_Work required_. What is needed is an exact transcription of the line with "(super_block 0) i s)" and all the lines that follow it in the entries below; add nothing else.

%%

-- ===== src/Blocks/Disk/Mapping.antt =====
-- `get_blocks` of filesystem-block-manager/test.cpp maps the blocks of a file to blocks of the device.
use linux_cpp.Prelude.{
  ℕ, ◌+◌, ◌-◌, ◌/◌, ◌%◌, ◌≤◌, ◌<◌, ◌≡◌, ◌≢◌, ◌⊎◌, inl, inr, refl, sym, ap, ◌∙◌, true, ltb,
  if◌then◌else◌, if_elim, Bool-cases, lt→ltb, arith,
}
use linux_cpp.Blocks.{Words}
use linux_cpp.Blocks.Disk.{
  State, super_block, breaks, bind, read_block, sb_bread, fill, put_i_data, put_entry, get_indirect,
  get_blocks,
}
use linux_cpp.Blocks.Disk.Alloc.{
  view, read_block-view, read_block-cache, read_block-uptodate, read_block-keeps,
}
use linux_cpp.Blocks.Disk.Slots.{Slot, direct, root, mid, leaf, IsSlot, follow, value, Inv}
use linux_cpp.Blocks.Disk.Keep.{read_block-value, read_block-Inv}
use linux_cpp.Blocks.Disk.Puts.{
  direct-Assigned, root-Assigned, mid-Assigned, leaf-Assigned, follow-view,
}
use linux_cpp.Blocks.Disk.Room.{room}
use linux_cpp.Blocks.Disk.Fill.{Ends, bind-Ends, Ends-map, Filled, fill-Filled}

-- reading a block after an entry has been filled
read_block-Filled :
    (s s' : State) (t : Slot) (b c x : ℕ) → Filled s t c b s' → Filled s t c b (read_block x s')
unfolding room
read_block-Filled s s' t b c x f = record {
  inv = read_block-Inv x s' f.inv;
  there = read_block-value x s' t ∙ f.there;
  some_block = f.some_block;
  kept = λ u i h. read_block-value x s' u ∙ f.kept u i h;
  less = rw (read_block-view x s' 2) f.less;
  keeps = λ y h. read_block-keeps x s' y (f.keeps y h);
}

-- an entry filled in a state in which another one was filled before
then-Filled :
    (s s1 s2 : State) (t u : Slot) (b c m n : ℕ)
    → Filled s t m b s1
    → Filled s1 u n c s2
    → Filled s u (m + n) c s2
then-Filled s s1 s2 t u b c m n f g = record {
  inv = g.inv;
  there = g.there;
  some_block = g.some_block;
  kept = λ x i h. g.kept x i (λ z. h (sym (f.kept x i h) ∙ z)) ∙ f.kept x i h;
  less = omega (arith, f.less, g.less);
  keeps = λ y h. g.keeps y (f.keeps y h);
}

-- a block to which an entry points can be read, and is up to date afterwards
sb_bread-Filled :
    (s s1 : State) (t : Slot) (b c : ℕ) (Q : Type 0)
    → IsSlot t
    → Filled s t c b s1
    → Ends
        (λ b' s2. (b' ≡ b) × Filled s t c b s2 × (s2.uptodate b ≡ true) × (s2.cache b ≡ view s2 b))
        Q
        (sb_bread b s1)
unfolding sb_bread
sb_bread-Filled s s1 t b c Q i f =
    let small : b < 1024 =
      omega (arith, f.inv.high t i (λ z. f.some_block (sym f.there ∙ z)), f.there) in
    let u = read_block-uptodate b s1 in
    rw (lt→ltb b 1024 small) (
      refl,
      read_block-Filled s s1 t b c b f,
      u,
      read_block-cache b s1 ∙ sym (read_block-view b s1 b),
    )

leaf_fill :
    (s : State) (j k m : ℕ)
    → Inv s
    → value s (mid j) ≡ m
    → m ≢ 0
    → s.uptodate m ≡ true
    → s.cache m ≡ view s m
    → Ends
        (Filled s (leaf j k) 1)
        (room s ≡ 0)
        (fill (super_block 0) (s.cache m k) (put_entry m k) s)
unfolding value
leaf_fill s j k m v e h u c =
    fill-Filled s (leaf j k) (s.cache m k) (put_entry m k) v tt
      (ap (λ b. follow s b k) e ∙ follow-view s m k h ∙ ap (λ (w : Words). w k) (sym c))
      (λ z s1 n v1 f same keeps.
        let q : value s1 (mid j) ≡ m = same (mid j) ∙ e in
        rw q at (leaf-Assigned s1 j k n v1 (λ p. h (sym q ∙ p)) (ap s1.uptodate q ∙ keeps m u)))
      (λ n s1 x. refl)

mid_fill :
    (s : State) (j m : ℕ)
    → Inv s
    → value s root ≡ m
    → m ≢ 0
    → s.uptodate m ≡ true
    → s.cache m ≡ view s m
    → Ends (Filled s (mid j) 1) (room s ≡ 0) (fill (super_block 0) (s.cache m j) (put_entry m j) s)
unfolding value
mid_fill s j m v e h u c =
    fill-Filled s (mid j) (s.cache m j) (put_entry m j) v tt
      (ap (λ b. follow s b j) e ∙ follow-view s m j h ∙ ap (λ (w : Words). w j) (sym c))
      (λ z s1 n v1 f same keeps.
        let q : value s1 root ≡ m = same root ∙ e in
        rw q at (
          mid-Assigned s1 j n v1 (λ p. h (sym q ∙ p)) (ap s1.uptodate q ∙ keeps m u)
            (same (mid j) ∙ z) f))
      (λ n s1 x. refl)

root_fill :
    (s : State)
    → Inv s
    → Ends (Filled s root 1) (room s ≡ 0) (fill (super_block 0) (s.i_data 4) (put_i_data 4) s)
unfolding value
root_fill s v =
    fill-Filled s root (s.i_data 4) (put_i_data 4) v tt refl
      (λ z s1 n v1 f same keeps. root-Assigned s1 n (same root ∙ z) f v1.ready) (λ n s1 x. refl)

direct_fill :
    (s : State) (i : ℕ)
    → Inv s
    → i < 4
    → Ends (Filled s (direct i) 1) (room s ≡ 0) (fill (super_block 0) (s.i_data i) (put_i_data i) s)
unfolding value
direct_fill s i v l =
    fill-Filled s (direct i) (s.i_data i) (put_i_data i) v l refl
      (λ z s1 n v1 f same keeps. direct-Assigned s1 i n l v1.ready) (λ n s1 x. refl)

-- the part of `get_indirect` from the second index block on
last_fill :
    (s s1 : State) (j k m : ℕ)
    → Filled s (mid j) 2 m s1
    → Ends
        (Filled s (leaf j k) 3)
        ((room s ≤ 2) ⊎ (128 ≤ j))
        (bind (sb_bread m s1) (λ b s4. fill (super_block 0) (s4.cache b k) (put_entry b k) s4))
last_fill s s1 j k m f =
    bind-Ends _ ((room s ≤ 2) ⊎ (128 ≤ j)) _ _ (sb_bread m s1) _
      (sb_bread-Filled s s1 (mid j) m 2 ((room s ≤ 2) ⊎ (128 ≤ j)) tt f)
      (λ b s4 (e, g, u, q). rw e (
        Ends-map _ _ _ _ (fill (super_block 0) (s4.cache m k) (put_entry m k) s4)
          (leaf_fill s4 j k m g.inv g.there g.some_block u q)
          (λ b' s5 h. then-Filled s s4 s5 (mid j) (leaf j k) m b' 2 1 g h)
          (λ z. inl (omega (arith, g.less)))))
      (λ h. h)

indirect_fill :
    (s : State) (j k : ℕ)
    → Inv s
    → Ends (Filled s (leaf j k) 3) ((room s ≤ 2) ⊎ (128 ≤ j)) (get_indirect (super_block 0) j k s)
unfolding get_indirect
indirect_fill s j k v =
    bind-Ends _ _ _ _ (fill (super_block 0) (s.i_data 4) (put_i_data 4) s) _ (root_fill s v)
      (λ r s1 f.
        bind-Ends _ ((room s ≤ 2) ⊎ (128 ≤ j)) _ _ (sb_bread r s1) _
          (sb_bread-Filled s s1 root r 1 _ tt f)
          (λ b s2 (e, g, u, q). rw e (
            if_elim (Ends (Filled s (leaf j k) 3) ((room s ≤ 2) ⊎ (128 ≤ j))) (ltb j 128) _ breaks
              (λ _.
                bind-Ends _ _ _ _ (fill (super_block 0) (s2.cache r j) (put_entry r j) s2) _
                  (mid_fill s2 j r g.inv g.there g.some_block u q)
                  (λ m s3 h. last_fill s s3 j k m (then-Filled s s2 s3 root (mid j) r m 1 1 g h))
                  (λ z. inl (omega (arith, g.less))))
              (λ h. inr (ground arith))))
          (λ h. h))
      (λ z. inl (omega arith))

-- the entry that ends the way to a block of the file
abbrev pub slot_of : ℕ → Slot
slot_of iblock =
    if ltb iblock 4 then direct iblock else leaf ((iblock - 4) / 128) ((iblock - 4) % 128)

pub slot_of-IsSlot : (i : ℕ) → IsSlot (slot_of i)
slot_of-IsSlot i =
    if_elim IsSlot (ltb i 4) (direct i) (leaf ((i - 4) / 128) ((i - 4) % 128)) (λ e. ground arith)
      (λ e. tt)

direct_get :
    (s : State) (i : ℕ)
    → Inv s
    → i < 4
    → Ends
        (Filled s (direct i) 3)
        ((room s ≤ 2) ⊎ (16388 ≤ i))
        (fill (super_block 0) (s.i_data i) (put_i_data i) s)
direct_get s i v l =
    Ends-map (Filled s (direct i) 1) (room s ≡ 0) _ _ _ (direct_fill s i v l)
      (λ b s' f. record {
        inv = f.inv;
        there = f.there;
        some_block = f.some_block;
        kept = f.kept;
        less = omega (arith, f.less);
        keeps = f.keeps;
      })
      (λ z. inl (omega (arith, z)))

indirect_get :
    (s : State) (i : ℕ)
    → Inv s
    → 4 ≤ i
    → Ends
        (Filled s (leaf ((i - 4) / 128) ((i - 4) % 128)) 3)
        ((room s ≤ 2) ⊎ (16388 ≤ i))
        (get_indirect (super_block 0) ((i - 4) / 128) ((i - 4) % 128) s)
indirect_get s i v l =
    Ends-map (Filled s (leaf ((i - 4) / 128) ((i - 4) % 128)) 3)
      ((room s ≤ 2) ⊎ (128 ≤ (i - 4) / 128)) _ _ _
      (indirect_fill s ((i - 4) / 128) ((i - 4) % 128) v) (λ b s' f. f)
      (λ z. elim z [ inl x ↦ inl x | inr x ↦ inr (omega (arith, x, l)) ])

-- Where what holds of the entries holds, `get_blocks` returns the block that the entry of the logical
-- block now has, keeps what holds, takes no block from another entry and three blocks at most from the
-- free ones; it meets an undefined access only with two free blocks or fewer, or beyond 16388 blocks of
-- the file, and it always ends.
pub get_blocks-Filled :
    (i : ℕ) (s : State)
    → Inv s
    → Ends (Filled s (slot_of i) 3) ((room s ≤ 2) ⊎ (16388 ≤ i)) (get_blocks (super_block 0) i s)
unfolding get_blocks
get_blocks-Filled i s v = elim (Bool-cases (ltb i 4)) [
  | inl e ↦ rw e (direct_get s i v (ground arith))
  | inr e ↦ rw e (indirect_get s i v (ground arith))
]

%%

_Response area_.
    → Ends (Filled s (slot_of i) 3) ((room s ≤ 2) ⊎ (16388 ≤ i)) (get_blocks (super_block 0) i s)
unfolding get_blocks
get_blocks-Filled i s v = elim (Bool-cases (ltb i 4)) [
  | inl e ↦ rw e (direct_get s i v (ground arith))
  | inr e ↦ rw e (indirect_get s i v (ground arith))
]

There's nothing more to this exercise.